I wish to be able to generate a random number from within a particular range, such as 1 to 6 to mimic the sides of a die.

How would I go about doing this?

Question 2

if you look at the second answer to the question you refer to you have the answer. rand() % 6.

Question 3

I didn't understand how it worked, so I decided to make a separate question for clarity.

Question 4

Random thought: If you polled a random cross-section of programmers, you'd find a random number of them are randomly thinking of ways to randomly generate numbers. Considering the Universe is governed by precise and predictable laws, isn't it interesting that we try to generate things more randomly? Questions like this always tend to bring out the 10k+ posters.

Question 5

@Mats rand() % 6 can return a 0. Not good for a die.

Question 6

Can you mark stackoverflow.com/a/6852396/419 as the accepted answer instead of the answer that links to it :) Thanks.

Question 7

All the answers so far are mathematically wrong. Returning rand() % N does not uniformly give a number in the range [0, N) unless N divides the length of the interval into which rand() returns (i.e. is a power of 2). Furthermore, one has no idea whether the moduli of rand() are independent: it's possible that they go 0, 1, 2, ..., which is uniform but not very random. The only assumption it seems reasonable to make is that rand() puts out a Poisson distribution: any two nonoverlapping subintervals of the same size are equally likely and independent. For a finite set of values, this implies a uniform distribution and also ensures that the values of rand() are nicely scattered.
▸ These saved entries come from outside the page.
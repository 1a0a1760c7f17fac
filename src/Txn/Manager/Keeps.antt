-- ===== src/Txn/Manager/Keeps.antt =====
-- Every call on the manager of crates/txn/src/manager.rs keeps it orderly.
use simple_rdbms.Common.{Result-cases}
use simple_rdbms.Common.{◌+◌, ◌≡◌, refl, sym, subst, ◌∙◌}
use simple_rdbms.Common.{Option, some, arith, ◌⊎◌, inl, inr, Bool-cases}
use simple_rdbms.Common.{Option-cases, ◌==◌, ==_iff}
use simple_rdbms.Common.Map.{nat_eq, get, insert, remove, get-insert}
use simple_rdbms.Ids.{TxnId, Lsn, Rid}
use simple_rdbms.Storage.Wal.Record.{LogRecordKind}
use simple_rdbms.Txn.VersionStore.{record_insert, abort_versions}
use simple_rdbms.Txn.VersionStore.Pending.{pending_at-record_insert}
use simple_rdbms.Txn.VersionStore.Pending.{pending_at-abort_versions}
use simple_rdbms.Txn.Transaction.{Transaction, IsolationLevel, growing, aborted, new_transaction}
use simple_rdbms.Txn.Manager.{TransactionManager, new_manager, let_go, PoolOps, PendingAbort}
use simple_rdbms.Txn.Manager.{is_aborted, begin, commit, commit_flushed}
use simple_rdbms.Txn.Manager.{begin_abort, undo, finish_abort, cancel_abort, abort_pending, abort}
use simple_rdbms.Txn.Manager.{
  Call, begins, commits, aborts, starts_abort, ends_abort, cancels_abort,
}
use simple_rdbms.Txn.Manager.{writes, locks, Run, opened, called}
use simple_rdbms.Txn.Manager.Invariant.{IsOpen, IsOrderly, Narrows, IsOrderly-narrowed}
use simple_rdbms.Txn.Manager.Invariant.{IsOrderly-let_go, get-remove_active, stamped}
use simple_rdbms.Txn.Manager.Invariant.{stamped-IsOrderly}

-- One transaction's entry takes another state.
Narrows-insert :
    (m : TransactionManager) (t : TxnId) (x y : Transaction)
    → get t m.active ≡ some x
    → y.read_ts ≡ x.read_ts
    → Narrows m (record m { active = insert t y m.active })
Narrows-insert m t x y active same u z e = elim (Bool-cases (t == u)) [
  | inl q ↦ (
    x,
    ground (arith, active, q, ==_iff t u),
    ground (arith, e, same, q, get-insert t u y m.active),
  )
  | inr q ↦ (z, ground (arith, e, q, get-insert t u y m.active), refl)
]

IsOrderly-insert :
    (m : TransactionManager) (t : TxnId) (x y : Transaction)
    → get t m.active ≡ some x
    → y.read_ts ≡ x.read_ts
    → IsOrderly m
    → IsOrderly (record m { active = insert t y m.active })
IsOrderly-insert m t x y active same inv =
    IsOrderly-narrowed m (record m { active = insert t y m.active }) inv
      (Narrows-insert m t x y active same) (omega arith) (omega arith) (λ u q o h. h)

cancel_abort-IsOrderly :
    (m : TransactionManager) (pending : PendingAbort)
    → IsOrderly m
    → IsOrderly (cancel_abort m pending)
unfolding cancel_abort
cancel_abort-IsOrderly m pending inv = elim (Option-cases (get pending.txn_id m.active)) [
  | inl n ↦ rw (n, cancel_abort) inv
  | inr (x, e) ↦
      rw (e, cancel_abort)
        (IsOrderly-insert m pending.txn_id x (record x { state = growing }) e refl inv)
]

write-IsOrderly :
    (m : TransactionManager) (t : TxnId) (r : Rid)
    → IsOrderly m
    → IsOrderly (record m { version_store = record_insert m.version_store t r })
write-IsOrderly m t r inv =
    IsOrderly-narrowed m (record m { version_store = record_insert m.version_store t r }) inv
      (λ u x e. (x, e, refl)) (omega arith) (omega arith)
      (λ u q o h. pending_at-record_insert u t r q m.version_store ∙ h)

-- The manager after an abort.
abbrev rolled_back : TransactionManager → TxnId → TransactionManager
rolled_back m t = record m {
  active = remove t m.active;
  version_store = abort_versions m.version_store t m.next_ts;
}

rolled_back-IsOrderly :
    (m : TransactionManager) (t : TxnId) → IsOrderly m → IsOrderly (rolled_back m t)
rolled_back-IsOrderly m t inv =
    IsOrderly-narrowed m (rolled_back m t) inv
      (λ u x e. (x, (get-remove_active t u m.active x e).0, refl)) (omega arith) (omega arith)
      (λ u q o h. pending_at-abort_versions u t m.next_ts q m.version_store h)

module _ {Pool : Type 0} {StorageError : Type 0} (ops : PoolOps Pool StorageError) where
  -- A commit that ends without an error, and one that changes nothing.
  pub commit-cases :
      (m : TransactionManager) (pool : Pool) (t : TxnId)
      → ((commit ops m pool t).0 ≡ m)
        ⊎ ((x : Transaction) × (get t m.active ≡ some x)
            × ((commit ops m pool t).0 ≡ let_go (stamped m t) t))
  unfolding commit commit_flushed
  commit-cases m pool t = elim (Option-cases (get t m.active)) [
    | inl n ↦ inl (ground (arith, n))
    | inr (x, e) ↦ elim (Bool-cases (is_aborted x.state)) [
      | inl a ↦ inl (ground (arith, e, a))
      | inr a ↦
          let (lsn, p) = ops.append_log_total pool t LogRecordKind.commit in
          let pool₁ = (ops.append_log pool t LogRecordKind.commit).1 in
          elim (Result-cases (ops.flush_log pool₁ lsn).0) [
            | inl (x, f) ↦ inl (ground (arith, e, a, p, f))
            | inr (u, f) ↦
                let pool₂ = (ops.flush_log pool₁ lsn).1 in
                let (lsn', q) = ops.append_log_total pool₂ t LogRecordKind.end in
                inr (x, e, ground (arith, e, a, p, f, q))
          ]
    ]
  ]

  finish_abort-IsOrderly :
      (m : TransactionManager) (pool : Pool) (pending : PendingAbort)
      → IsOrderly m
      → IsOrderly (finish_abort ops m pool pending).0
  unfolding finish_abort
  finish_abort-IsOrderly m pool pending inv = elim (Option-cases (get pending.txn_id m.active)) [
    | inl n ↦ rw (n, finish_abort) inv
    | inr (x, e) ↦
        rw (e, finish_abort)
          (IsOrderly-let_go (rolled_back m pending.txn_id) pending.txn_id
            (rolled_back-IsOrderly m pending.txn_id inv))
  ]

  begin_abort-IsOrderly :
      (m : TransactionManager) (pool : Pool) (t : TxnId)
      → IsOrderly m
      → IsOrderly (begin_abort ops m pool t).0
  unfolding begin_abort
  begin_abort-IsOrderly m pool t inv = elim (Option-cases (get t m.active)) [
    | inl n ↦ rw (n, begin_abort) inv
    | inr (x, e) ↦ elim (Bool-cases (is_aborted x.state)) [
      | inl a ↦ rw (e, a, begin_abort) inv
      | inr a ↦
          rw (e, a, begin_abort) (IsOrderly-insert m t x (record x { state = aborted }) e refl inv)
    ]
  ]

  abort_pending-IsOrderly :
      (m : TransactionManager) (pool : Pool) (pending : PendingAbort)
      → IsOrderly m
      → IsOrderly (abort_pending ops m pool pending).0
  unfolding abort_pending
  abort_pending-IsOrderly m pool pending inv = elim (Result-cases (undo ops pool pending).0) [
    | inl (x, e) ↦ rw (e, abort_pending) (cancel_abort-IsOrderly m pending inv)
    | inr (x, e) ↦
        rw (e, abort_pending) (finish_abort-IsOrderly m (undo ops pool pending).1 pending inv)
  ]

  abort-IsOrderly :
      (m : TransactionManager) (pool : Pool) (t : TxnId)
      → IsOrderly m
      → IsOrderly (abort ops m pool t).0
  unfolding abort
  abort-IsOrderly m pool t inv =
      let begun = begin_abort ops m pool t in
      let inv' = begin_abort-IsOrderly m pool t inv in
      elim (Result-cases begun.2) [
        | inl (x, e) ↦ rw (e, abort) inv'
        | inr (pending, e) ↦ rw (e, abort) (abort_pending-IsOrderly begun.0 begun.1 pending inv')
      ]

  commit-IsOrderly :
      (m : TransactionManager) (pool : Pool) (t : TxnId)
      → IsOrderly m
      → IsOrderly (commit ops m pool t).0
  commit-IsOrderly m pool t inv = elim (commit-cases m pool t) [
    | inl e ↦ subst IsOrderly (sym e) inv
    | inr (x, active, e) ↦
        subst IsOrderly (sym e)
          (IsOrderly-let_go (stamped m t) t (stamped-IsOrderly m t x active inv))
  ]

  -- The manager after `begin`.
  abbrev begun : TransactionManager → IsolationLevel → Lsn → TransactionManager
  begun m level lsn = record m {
    next_txn_id = m.next_txn_id + 1;
    next_ts = m.next_ts + 1;
    active = insert m.next_txn_id (new_transaction m.next_txn_id level lsn m.next_ts) m.active;
  }

  begin_lem :
      (m : TransactionManager) (pool : Pool) (level : IsolationLevel)
      → (lsn : Lsn) × ((begin ops m pool level).0 ≡ begun m level lsn)
  unfolding begin
  begin_lem m pool level =
      let (lsn, p) = ops.append_log_total pool m.next_txn_id LogRecordKind.begin in
      (lsn, ground (arith, p))

  begun-IsOrderly :
      (m : TransactionManager) (level : IsolationLevel) (lsn : Lsn)
      → IsOrderly m
      → IsOrderly (begun m level lsn)
  begun-IsOrderly m level lsn inv = record {
    in_the_past = λ t x e. elim (Bool-cases (m.next_txn_id == t)) [
      | inl q ↦ (
        ground (arith, e, q, get-insert m.next_txn_id t (opened_txn m) m.active),
        ground (arith, q),
      )
      | inr q ↦
          let (a, b) =
            inv.in_the_past t x
              (ground (arith, e, q, get-insert m.next_txn_id t (opened_txn m) m.active)) in
          (omega (arith, a), omega (arith, b))
    ];
    none_begun = λ t q o. inv.none_begun t q (was_open t o);
  }
    where
      opened_txn : TransactionManager → Transaction
      opened_txn n = new_transaction n.next_txn_id level lsn n.next_ts

      was_open : (t : TxnId) → IsOpen (begun m level lsn) t → IsOpen m t
      was_open t (inr h) = inr (omega (arith, h))
      was_open t (inl (x, e)) = elim (Bool-cases (m.next_txn_id == t)) [
        | inl q ↦ inr (ground (arith, q))
        | inr q ↦ inl (x, ground (arith, e, q, get-insert m.next_txn_id t (opened_txn m) m.active))
      ]

  Call-IsOrderly : {m n : TransactionManager} → Call ops m n → IsOrderly m → IsOrderly n
  Call-IsOrderly {m = m} (begins pool level) inv =
      let (lsn, e) = begin_lem m pool level in
      subst IsOrderly (sym e) (begun-IsOrderly m level lsn inv)
  Call-IsOrderly {m = m} (commits pool t) inv = commit-IsOrderly m pool t inv
  Call-IsOrderly {m = m} (aborts pool t) inv = abort-IsOrderly m pool t inv
  Call-IsOrderly {m = m} (starts_abort pool t) inv = begin_abort-IsOrderly m pool t inv
  Call-IsOrderly {m = m} (ends_abort pool pending) inv = finish_abort-IsOrderly m pool pending inv
  Call-IsOrderly {m = m} (cancels_abort pending) inv = cancel_abort-IsOrderly m pending inv
  Call-IsOrderly {m = m} (writes t x rid e) inv = write-IsOrderly m t rid inv
  Call-IsOrderly {m = m} (locks s step) inv =
      IsOrderly-narrowed m (record m { lock_manager = s }) inv (λ u x e. (x, e, refl)) (omega arith)
        (omega arith) (λ u q o h. h)

  new_manager-IsOrderly : (highest_seen : Option TxnId) → IsOrderly (new_manager highest_seen)
  unfolding get
  new_manager-IsOrderly highest_seen = record {
    in_the_past = λ t x e. absurd (ground (arith, e));
    none_begun = λ t q o. refl;
  }

  -- In every state that calls of the manager, of the store and of the locks reach, with a log that
  -- can always be appended to, the snapshots of the active transactions are of times before the
  -- clock, their ids are below the next one, and of the versions of a transaction that is active or
  -- has not begun none has begun.
  pub Run-IsOrderly :
      {highest_seen : Option TxnId} {m : TransactionManager} → Run ops highest_seen m → IsOrderly m
  Run-IsOrderly {highest_seen = h} opened = new_manager-IsOrderly h
  Run-IsOrderly (called run call) = Call-IsOrderly call (Run-IsOrderly run)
This means that the only correct way of changing the range of rand() is to divide it into boxes; for example, if RAND_MAX == 11 and you want a range of 1..6, you should assign {0,1} to 1, {2,3} to 2, and so on. These are disjoint, equally-sized intervals and thus are uniformly and independently distributed.

The suggestion to use floating-point division is mathematically plausible but suffers from rounding issues in principle. Perhaps double is high-enough precision to make it work; perhaps not. I don't know and I don't want to have to figure it out; in any case, the answer is system-dependent.

The correct way is to use integer arithmetic. That is, you want something like the following:

#include <stdlib.h> // For random(), RAND_MAX
// Assumes 0 <= max <= RAND_MAX
// Returns in the closed interval [0, max]
long random_at_most(long max) {
 unsigned long
 // max <= RAND_MAX < ULONG_MAX, so this is okay.
 num_bins = (unsigned long) max + 1,
 num_rand = (unsigned long) RAND_MAX + 1,
 bin_size = num_rand / num_bins,
 defect = num_rand % num_bins;
 long x;
 do {
 x = random();
 }
 // This is carefully written not to overflow
 while (num_rand - defect <= (unsigned long)x);
 // Truncated division is intentional
 return x/bin_size;
}

The loop is necessary to get a perfectly uniform distribution. For example, if you are given random numbers from 0 to 2 and you want only ones from 0 to 1, you just keep pulling until you don't get a 2; it's not hard to check that this gives 0 or 1 with equal probability. This method is also described in the link that nos gave in their answer, though coded differently. I'm using random() rather than rand() as it has a better distribution (as noted by the man page for rand()).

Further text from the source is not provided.